- **Material to process**:
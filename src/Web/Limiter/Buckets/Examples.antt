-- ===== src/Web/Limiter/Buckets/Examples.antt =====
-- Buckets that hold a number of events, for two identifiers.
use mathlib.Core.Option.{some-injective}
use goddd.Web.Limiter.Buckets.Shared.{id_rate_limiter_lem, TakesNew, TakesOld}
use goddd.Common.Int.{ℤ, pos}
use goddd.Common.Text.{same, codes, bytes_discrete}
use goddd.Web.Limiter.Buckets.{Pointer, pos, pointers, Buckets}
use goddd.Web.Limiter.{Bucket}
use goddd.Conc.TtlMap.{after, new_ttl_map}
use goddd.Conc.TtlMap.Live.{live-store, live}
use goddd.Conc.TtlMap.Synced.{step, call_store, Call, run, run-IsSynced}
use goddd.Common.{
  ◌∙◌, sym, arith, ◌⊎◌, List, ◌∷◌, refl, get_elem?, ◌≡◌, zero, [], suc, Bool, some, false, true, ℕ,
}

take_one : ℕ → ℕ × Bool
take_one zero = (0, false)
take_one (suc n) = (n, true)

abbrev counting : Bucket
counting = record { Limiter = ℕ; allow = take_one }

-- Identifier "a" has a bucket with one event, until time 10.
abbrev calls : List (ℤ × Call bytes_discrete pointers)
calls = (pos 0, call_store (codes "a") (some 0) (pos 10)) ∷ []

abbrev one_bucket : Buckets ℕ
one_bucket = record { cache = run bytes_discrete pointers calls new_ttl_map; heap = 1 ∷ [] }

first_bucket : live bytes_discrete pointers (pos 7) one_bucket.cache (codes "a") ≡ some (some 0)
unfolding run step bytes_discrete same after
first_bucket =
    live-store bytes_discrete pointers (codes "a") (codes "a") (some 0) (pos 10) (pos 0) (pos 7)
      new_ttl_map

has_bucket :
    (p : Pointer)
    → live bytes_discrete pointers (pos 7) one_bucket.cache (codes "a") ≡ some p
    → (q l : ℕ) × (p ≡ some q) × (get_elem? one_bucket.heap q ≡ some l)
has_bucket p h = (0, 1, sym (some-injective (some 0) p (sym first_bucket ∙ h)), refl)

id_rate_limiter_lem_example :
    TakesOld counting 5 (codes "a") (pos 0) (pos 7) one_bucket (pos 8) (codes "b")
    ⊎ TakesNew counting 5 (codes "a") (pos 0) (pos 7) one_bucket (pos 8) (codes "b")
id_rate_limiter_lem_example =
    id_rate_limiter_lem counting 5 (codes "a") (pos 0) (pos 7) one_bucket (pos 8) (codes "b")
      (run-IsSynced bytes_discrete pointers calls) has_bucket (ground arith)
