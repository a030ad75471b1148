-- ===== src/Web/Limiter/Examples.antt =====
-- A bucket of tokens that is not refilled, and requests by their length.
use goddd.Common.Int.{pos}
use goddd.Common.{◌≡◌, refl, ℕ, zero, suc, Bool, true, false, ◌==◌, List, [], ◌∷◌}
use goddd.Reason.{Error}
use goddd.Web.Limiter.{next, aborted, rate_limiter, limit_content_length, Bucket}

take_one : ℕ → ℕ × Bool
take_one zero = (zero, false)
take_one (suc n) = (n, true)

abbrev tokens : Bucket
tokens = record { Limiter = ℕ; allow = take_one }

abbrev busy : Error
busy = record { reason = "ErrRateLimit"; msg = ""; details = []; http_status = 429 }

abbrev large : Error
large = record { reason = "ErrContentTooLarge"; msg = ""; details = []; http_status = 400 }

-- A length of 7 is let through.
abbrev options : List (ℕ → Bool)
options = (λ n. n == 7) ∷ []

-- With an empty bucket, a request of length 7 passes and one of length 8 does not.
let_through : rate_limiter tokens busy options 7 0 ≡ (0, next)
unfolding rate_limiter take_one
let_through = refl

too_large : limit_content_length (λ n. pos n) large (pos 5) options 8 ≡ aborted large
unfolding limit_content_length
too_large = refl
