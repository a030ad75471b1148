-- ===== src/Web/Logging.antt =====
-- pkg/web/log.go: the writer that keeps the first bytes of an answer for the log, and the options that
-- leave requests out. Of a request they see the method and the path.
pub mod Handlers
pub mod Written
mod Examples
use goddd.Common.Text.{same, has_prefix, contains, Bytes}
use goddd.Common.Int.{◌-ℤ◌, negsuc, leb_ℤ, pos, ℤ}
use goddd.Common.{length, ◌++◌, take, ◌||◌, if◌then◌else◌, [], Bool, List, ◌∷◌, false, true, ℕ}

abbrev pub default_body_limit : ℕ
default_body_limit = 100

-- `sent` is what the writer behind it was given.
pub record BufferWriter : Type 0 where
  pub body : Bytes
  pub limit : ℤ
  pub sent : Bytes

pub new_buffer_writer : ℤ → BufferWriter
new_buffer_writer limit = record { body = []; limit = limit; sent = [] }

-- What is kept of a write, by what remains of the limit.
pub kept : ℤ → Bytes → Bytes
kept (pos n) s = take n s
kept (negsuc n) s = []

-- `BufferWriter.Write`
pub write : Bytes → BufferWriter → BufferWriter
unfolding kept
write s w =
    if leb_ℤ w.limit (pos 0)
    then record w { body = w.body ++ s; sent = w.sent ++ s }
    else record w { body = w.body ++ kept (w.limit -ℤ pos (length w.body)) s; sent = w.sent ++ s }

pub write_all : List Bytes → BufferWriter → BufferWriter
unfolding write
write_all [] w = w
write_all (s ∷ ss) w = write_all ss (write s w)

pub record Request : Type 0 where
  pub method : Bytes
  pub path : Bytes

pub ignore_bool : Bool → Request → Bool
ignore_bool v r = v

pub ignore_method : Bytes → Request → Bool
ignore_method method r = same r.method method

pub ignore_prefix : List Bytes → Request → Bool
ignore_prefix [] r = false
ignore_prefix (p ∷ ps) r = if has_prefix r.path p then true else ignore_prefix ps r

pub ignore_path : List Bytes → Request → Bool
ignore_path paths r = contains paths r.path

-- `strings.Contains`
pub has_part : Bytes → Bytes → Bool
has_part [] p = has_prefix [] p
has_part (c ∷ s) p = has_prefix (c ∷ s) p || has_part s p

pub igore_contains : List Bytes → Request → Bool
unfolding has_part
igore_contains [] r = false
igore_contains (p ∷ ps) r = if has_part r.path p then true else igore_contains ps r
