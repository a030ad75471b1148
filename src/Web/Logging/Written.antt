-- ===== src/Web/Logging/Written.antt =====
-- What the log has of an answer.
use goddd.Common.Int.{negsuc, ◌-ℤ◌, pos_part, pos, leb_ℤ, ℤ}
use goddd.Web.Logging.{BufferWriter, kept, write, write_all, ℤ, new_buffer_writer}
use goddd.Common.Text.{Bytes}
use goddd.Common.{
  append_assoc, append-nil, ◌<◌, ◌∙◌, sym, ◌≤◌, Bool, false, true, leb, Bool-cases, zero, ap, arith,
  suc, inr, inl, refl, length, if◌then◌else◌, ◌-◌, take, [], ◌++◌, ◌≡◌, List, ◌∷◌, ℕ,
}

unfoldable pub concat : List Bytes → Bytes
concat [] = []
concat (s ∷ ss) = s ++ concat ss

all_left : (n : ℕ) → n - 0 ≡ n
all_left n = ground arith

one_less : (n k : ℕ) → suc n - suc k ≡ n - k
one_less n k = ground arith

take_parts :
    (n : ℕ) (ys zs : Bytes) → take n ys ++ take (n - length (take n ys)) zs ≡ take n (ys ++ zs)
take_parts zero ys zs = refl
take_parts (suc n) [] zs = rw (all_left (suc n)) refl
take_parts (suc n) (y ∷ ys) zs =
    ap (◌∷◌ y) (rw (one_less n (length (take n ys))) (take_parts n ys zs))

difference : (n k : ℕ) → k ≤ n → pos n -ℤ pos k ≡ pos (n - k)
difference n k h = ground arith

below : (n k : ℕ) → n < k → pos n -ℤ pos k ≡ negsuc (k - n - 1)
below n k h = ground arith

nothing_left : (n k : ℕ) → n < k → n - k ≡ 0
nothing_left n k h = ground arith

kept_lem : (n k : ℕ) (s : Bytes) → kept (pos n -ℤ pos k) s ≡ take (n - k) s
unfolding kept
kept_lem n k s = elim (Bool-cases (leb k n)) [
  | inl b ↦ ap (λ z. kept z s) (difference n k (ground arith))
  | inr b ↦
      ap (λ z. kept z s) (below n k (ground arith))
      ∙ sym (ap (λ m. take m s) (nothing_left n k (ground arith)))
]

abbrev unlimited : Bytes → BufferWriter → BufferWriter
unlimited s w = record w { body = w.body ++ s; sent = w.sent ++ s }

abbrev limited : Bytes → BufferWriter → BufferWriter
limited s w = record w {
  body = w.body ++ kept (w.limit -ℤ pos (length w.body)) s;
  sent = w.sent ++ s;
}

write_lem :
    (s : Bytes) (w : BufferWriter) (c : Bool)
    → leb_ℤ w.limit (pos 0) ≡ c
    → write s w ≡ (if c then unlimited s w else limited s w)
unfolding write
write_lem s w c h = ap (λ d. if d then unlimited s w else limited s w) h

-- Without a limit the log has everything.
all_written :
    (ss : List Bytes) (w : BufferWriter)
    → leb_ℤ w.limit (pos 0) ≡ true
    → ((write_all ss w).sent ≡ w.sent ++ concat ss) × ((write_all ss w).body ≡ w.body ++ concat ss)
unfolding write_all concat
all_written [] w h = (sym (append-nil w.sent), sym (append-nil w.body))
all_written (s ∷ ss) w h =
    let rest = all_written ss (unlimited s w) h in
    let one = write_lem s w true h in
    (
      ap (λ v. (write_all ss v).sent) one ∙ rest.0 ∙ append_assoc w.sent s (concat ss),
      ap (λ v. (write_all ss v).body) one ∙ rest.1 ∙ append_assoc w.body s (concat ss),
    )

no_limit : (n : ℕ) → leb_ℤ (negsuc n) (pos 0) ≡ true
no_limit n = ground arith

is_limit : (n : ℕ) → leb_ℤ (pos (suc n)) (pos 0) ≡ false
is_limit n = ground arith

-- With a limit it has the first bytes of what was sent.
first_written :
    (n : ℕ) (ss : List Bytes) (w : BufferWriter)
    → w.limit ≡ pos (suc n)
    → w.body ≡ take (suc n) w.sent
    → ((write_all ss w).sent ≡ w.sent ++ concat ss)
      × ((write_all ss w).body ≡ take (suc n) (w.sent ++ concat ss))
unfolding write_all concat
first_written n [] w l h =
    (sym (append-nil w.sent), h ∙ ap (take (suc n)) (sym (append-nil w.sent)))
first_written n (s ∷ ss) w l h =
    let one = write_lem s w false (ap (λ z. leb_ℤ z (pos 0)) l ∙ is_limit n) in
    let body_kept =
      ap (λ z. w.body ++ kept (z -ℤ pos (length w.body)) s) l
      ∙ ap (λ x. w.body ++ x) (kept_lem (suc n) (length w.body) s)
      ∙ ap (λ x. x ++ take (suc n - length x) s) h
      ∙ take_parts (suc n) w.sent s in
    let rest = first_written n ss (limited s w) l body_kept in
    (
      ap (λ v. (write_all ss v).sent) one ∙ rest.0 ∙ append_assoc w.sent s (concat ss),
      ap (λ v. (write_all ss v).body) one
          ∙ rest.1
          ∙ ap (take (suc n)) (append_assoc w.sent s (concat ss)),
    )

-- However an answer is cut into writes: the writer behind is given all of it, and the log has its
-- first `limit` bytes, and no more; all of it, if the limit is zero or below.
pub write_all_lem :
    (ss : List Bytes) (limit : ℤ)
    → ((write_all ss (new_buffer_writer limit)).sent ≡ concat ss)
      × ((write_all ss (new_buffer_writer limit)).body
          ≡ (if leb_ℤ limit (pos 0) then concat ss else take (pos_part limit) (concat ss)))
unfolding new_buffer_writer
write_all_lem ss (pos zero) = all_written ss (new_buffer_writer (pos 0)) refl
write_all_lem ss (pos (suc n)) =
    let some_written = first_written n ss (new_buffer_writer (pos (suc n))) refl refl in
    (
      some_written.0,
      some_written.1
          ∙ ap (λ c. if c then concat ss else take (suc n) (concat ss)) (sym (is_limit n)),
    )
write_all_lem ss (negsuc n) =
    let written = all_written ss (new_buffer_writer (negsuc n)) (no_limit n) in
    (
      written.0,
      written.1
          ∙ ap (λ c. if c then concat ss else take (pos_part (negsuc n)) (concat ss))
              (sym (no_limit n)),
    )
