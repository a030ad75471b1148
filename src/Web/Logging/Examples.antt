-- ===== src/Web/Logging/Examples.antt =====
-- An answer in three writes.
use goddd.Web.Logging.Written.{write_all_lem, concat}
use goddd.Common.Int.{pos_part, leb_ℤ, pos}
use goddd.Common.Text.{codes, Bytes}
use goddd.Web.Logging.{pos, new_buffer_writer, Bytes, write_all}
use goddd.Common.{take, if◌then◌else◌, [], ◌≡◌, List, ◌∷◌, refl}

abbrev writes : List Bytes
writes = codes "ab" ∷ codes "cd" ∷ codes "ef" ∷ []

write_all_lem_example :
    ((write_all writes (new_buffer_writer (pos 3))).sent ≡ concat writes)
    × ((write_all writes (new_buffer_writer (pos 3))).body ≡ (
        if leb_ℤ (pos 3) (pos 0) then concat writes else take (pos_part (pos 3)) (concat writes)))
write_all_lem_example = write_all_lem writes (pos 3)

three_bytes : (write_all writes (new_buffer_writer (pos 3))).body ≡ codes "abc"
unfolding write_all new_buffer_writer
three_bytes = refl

- **Exercise goal**: Only the lines from the one containing "unfolding new_buffer_writer" through the last line above belong in your answer. Retype them exactly.

- **Task answer**:
unfolding new_buffer_writer
write_all_lem ss (pos zero) = all_written ss (new_buffer_writer (pos 0)) refl
write_all_lem ss (pos (suc n)) =
    let some_written = first_written n ss (new_buffer_writer (pos (suc n))) refl refl in
    (
      some_written.0,
      some_written.1
          ∙ ap (λ c. if c then concat ss else take (suc n) (concat ss)) (sym (is_limit n)),
    )
write_all_lem ss (negsuc n) =
    let written = all_written ss (new_buffer_writer (negsuc n)) (no_limit n) in
    (
      written.0,
      written.1
          ∙ ap (λ c. if c then concat ss else take (pos_part (negsuc n)) (concat ss))
              (sym (no_limit n)),
    )
repository a030ad75471b1148
filename src/Web/Logging/Examples.antt
-- ===== src/Web/Logging/Examples.antt =====
-- An answer in three writes.
use goddd.Web.Logging.Written.{write_all_lem, concat}
use goddd.Common.Int.{pos_part, leb_ℤ, pos}
use goddd.Common.Text.{codes, Bytes}
use goddd.Web.Logging.{pos, new_buffer_writer, Bytes, write_all}
use goddd.Common.{take, if◌then◌else◌, [], ◌≡◌, List, ◌∷◌, refl}

abbrev writes : List Bytes
writes = codes "ab" ∷ codes "cd" ∷ codes "ef" ∷ []

write_all_lem_example :
    ((write_all writes (new_buffer_writer (pos 3))).sent ≡ concat writes)
    × ((write_all writes (new_buffer_writer (pos 3))).body ≡ (
        if leb_ℤ (pos 3) (pos 0) then concat writes else take (pos_part (pos 3)) (concat writes)))
write_all_lem_example = write_all_lem writes (pos 3)

three_bytes : (write_all writes (new_buffer_writer (pos 3))).body ≡ codes "abc"
unfolding write_all new_buffer_writer
three_bytes = refl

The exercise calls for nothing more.